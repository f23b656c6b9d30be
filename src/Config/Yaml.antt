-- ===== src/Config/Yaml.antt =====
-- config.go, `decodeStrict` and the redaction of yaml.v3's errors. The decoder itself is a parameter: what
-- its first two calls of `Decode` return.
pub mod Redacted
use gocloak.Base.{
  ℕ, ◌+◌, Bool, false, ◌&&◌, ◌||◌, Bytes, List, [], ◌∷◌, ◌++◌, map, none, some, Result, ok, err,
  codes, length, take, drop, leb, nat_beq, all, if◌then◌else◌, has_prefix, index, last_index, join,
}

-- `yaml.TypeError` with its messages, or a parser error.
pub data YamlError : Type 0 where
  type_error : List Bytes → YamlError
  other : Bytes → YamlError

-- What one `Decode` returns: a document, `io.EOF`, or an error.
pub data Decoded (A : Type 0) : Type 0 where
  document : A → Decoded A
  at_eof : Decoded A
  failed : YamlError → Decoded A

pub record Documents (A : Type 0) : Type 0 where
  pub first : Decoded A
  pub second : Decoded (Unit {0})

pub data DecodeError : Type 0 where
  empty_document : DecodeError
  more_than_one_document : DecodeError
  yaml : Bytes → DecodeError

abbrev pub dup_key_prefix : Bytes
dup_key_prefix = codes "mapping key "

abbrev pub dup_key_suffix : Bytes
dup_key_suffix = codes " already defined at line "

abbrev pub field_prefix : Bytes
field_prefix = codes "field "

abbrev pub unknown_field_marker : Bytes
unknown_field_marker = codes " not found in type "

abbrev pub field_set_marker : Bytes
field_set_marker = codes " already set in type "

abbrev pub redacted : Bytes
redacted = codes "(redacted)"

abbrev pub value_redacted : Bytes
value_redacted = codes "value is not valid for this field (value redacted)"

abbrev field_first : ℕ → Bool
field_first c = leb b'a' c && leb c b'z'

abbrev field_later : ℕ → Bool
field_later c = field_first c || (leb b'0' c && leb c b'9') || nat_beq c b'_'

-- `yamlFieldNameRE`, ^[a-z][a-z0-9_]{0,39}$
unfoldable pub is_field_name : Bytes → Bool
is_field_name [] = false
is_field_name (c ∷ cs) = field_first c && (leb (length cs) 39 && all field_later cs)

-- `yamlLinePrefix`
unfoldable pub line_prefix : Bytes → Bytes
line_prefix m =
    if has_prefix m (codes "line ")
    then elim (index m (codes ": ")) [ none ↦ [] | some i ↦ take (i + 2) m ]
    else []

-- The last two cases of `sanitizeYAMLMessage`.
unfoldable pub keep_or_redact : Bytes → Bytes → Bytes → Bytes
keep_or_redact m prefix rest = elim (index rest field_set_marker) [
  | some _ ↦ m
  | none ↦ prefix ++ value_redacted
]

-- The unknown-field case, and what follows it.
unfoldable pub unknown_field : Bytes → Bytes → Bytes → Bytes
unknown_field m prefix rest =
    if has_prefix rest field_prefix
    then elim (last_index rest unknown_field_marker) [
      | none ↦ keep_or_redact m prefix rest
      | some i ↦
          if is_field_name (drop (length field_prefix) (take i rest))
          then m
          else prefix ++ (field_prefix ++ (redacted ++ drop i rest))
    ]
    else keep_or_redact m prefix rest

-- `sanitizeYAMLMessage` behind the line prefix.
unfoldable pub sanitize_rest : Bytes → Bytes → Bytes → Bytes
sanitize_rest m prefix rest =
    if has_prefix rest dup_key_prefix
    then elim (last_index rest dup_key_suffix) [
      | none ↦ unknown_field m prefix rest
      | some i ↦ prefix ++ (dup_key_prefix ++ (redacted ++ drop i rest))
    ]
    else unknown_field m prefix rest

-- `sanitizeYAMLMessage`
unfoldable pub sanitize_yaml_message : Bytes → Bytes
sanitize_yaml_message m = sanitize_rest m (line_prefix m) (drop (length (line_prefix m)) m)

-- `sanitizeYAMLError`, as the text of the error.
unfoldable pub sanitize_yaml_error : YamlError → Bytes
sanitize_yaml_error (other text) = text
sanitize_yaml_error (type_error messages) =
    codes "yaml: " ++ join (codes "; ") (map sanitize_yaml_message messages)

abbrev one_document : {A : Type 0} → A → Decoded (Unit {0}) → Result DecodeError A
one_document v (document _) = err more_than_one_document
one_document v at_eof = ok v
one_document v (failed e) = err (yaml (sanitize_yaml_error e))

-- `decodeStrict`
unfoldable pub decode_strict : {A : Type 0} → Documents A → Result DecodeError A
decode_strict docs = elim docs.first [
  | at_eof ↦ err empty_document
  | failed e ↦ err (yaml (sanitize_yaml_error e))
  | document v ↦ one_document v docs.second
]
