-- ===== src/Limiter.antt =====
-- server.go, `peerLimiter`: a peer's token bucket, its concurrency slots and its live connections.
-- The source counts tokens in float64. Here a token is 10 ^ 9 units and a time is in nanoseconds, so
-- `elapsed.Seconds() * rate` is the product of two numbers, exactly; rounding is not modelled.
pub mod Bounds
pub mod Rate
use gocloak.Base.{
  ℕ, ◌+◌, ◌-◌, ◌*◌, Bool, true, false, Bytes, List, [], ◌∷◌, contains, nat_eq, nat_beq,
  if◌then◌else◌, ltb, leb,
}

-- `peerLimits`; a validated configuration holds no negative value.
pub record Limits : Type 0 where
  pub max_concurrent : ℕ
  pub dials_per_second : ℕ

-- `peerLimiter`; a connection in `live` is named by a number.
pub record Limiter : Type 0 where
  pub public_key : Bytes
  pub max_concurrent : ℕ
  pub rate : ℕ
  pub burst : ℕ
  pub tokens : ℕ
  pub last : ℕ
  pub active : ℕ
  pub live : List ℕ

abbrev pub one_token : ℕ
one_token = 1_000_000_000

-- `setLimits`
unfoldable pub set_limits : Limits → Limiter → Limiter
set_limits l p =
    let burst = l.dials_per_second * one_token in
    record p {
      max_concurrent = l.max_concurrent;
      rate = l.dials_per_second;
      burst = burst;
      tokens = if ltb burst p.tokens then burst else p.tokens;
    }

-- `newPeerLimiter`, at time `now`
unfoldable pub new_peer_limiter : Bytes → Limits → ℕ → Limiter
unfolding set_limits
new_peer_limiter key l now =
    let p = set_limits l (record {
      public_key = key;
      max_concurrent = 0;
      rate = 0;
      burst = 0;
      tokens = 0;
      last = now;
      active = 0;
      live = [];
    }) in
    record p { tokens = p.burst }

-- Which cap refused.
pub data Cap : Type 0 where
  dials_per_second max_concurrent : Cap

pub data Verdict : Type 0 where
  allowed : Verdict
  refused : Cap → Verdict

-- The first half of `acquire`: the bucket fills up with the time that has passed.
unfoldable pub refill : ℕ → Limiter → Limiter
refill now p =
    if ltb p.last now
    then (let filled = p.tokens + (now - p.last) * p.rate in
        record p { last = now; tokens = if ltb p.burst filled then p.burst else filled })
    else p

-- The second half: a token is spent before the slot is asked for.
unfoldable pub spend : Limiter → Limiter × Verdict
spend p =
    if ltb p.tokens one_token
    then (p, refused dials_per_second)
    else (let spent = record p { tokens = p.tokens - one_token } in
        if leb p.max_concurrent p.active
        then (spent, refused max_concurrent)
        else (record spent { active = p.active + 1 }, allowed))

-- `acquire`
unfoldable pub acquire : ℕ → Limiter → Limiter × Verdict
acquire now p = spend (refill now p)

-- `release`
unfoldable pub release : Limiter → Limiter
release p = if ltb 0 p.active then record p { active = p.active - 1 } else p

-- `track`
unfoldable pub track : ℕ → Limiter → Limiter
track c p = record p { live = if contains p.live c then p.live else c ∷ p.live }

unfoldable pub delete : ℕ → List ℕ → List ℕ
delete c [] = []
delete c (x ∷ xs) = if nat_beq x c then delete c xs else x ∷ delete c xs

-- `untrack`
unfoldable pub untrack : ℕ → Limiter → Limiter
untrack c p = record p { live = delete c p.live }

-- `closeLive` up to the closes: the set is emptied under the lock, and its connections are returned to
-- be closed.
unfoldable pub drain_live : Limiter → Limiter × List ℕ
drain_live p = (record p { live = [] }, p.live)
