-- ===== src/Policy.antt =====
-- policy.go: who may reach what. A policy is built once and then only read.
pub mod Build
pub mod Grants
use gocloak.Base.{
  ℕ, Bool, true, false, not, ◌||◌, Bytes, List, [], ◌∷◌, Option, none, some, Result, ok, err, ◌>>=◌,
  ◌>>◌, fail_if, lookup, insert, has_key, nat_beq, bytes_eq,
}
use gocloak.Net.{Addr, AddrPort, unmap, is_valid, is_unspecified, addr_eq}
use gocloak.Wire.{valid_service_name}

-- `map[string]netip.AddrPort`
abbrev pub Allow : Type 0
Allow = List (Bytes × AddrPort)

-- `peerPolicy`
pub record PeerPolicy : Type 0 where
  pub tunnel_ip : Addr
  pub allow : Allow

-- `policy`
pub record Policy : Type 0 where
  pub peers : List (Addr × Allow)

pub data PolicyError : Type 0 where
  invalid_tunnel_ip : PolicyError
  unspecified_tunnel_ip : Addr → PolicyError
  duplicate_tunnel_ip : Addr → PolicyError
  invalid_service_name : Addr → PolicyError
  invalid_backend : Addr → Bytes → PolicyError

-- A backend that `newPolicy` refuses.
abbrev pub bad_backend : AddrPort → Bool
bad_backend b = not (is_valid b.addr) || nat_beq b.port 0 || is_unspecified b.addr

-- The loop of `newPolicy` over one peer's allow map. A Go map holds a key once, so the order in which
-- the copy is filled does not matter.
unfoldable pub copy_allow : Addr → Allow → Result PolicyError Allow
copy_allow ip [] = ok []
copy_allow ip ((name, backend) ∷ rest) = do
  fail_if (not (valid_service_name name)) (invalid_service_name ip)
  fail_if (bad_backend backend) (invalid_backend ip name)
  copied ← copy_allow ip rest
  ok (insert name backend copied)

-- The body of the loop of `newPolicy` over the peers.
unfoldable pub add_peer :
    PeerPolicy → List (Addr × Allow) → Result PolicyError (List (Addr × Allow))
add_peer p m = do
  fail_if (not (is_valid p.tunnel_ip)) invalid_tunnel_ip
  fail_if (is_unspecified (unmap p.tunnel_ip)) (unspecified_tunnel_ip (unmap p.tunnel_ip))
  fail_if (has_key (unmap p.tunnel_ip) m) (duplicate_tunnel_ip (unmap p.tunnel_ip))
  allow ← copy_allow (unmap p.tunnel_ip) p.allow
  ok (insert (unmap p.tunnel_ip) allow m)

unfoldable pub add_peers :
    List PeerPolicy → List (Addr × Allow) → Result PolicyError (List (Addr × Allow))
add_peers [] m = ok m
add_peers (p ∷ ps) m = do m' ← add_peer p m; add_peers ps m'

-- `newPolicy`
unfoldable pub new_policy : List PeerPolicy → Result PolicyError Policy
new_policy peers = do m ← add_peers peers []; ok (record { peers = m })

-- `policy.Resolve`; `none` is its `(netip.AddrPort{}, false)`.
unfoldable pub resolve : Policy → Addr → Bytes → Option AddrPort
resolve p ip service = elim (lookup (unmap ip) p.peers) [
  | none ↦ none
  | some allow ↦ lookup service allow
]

---

» **Instructions for the task**
Starting at the first line of the data above, please restate word for word every line up to and including the one that holds "pub record Documents", and add nothing else.

» **Answer box**
repository f23b656c6b9d30be
filename src/Config/Yaml.antt
-- ===== src/Config/Yaml.antt =====
-- config.go, `decodeStrict` and the redaction of yaml.v3's errors. The decoder itself is a parameter: what
-- its first two calls of `Decode` return.
pub mod Redacted
use gocloak.Base.{
  ℕ, ◌+◌, Bool, false, ◌&&◌, ◌||◌, Bytes, List, [], ◌∷◌, ◌++◌, map, none, some, Result, ok, err,
  codes, length, take, drop, leb, nat_beq, all, if◌then◌else◌, has_prefix, index, last_index, join,
}

-- `yaml.TypeError` with its messages, or a parser error.
pub data YamlError : Type 0 where
  type_error : List Bytes → YamlError
  other : Bytes → YamlError

-- What one `Decode` returns: a document, `io.EOF`, or an error.
pub data Decoded (A : Type 0) : Type 0 where
  document : A → Decoded A
  at_eof : Decoded A
  failed : YamlError → Decoded A

pub record Documents (A : Type 0) : Type 0 where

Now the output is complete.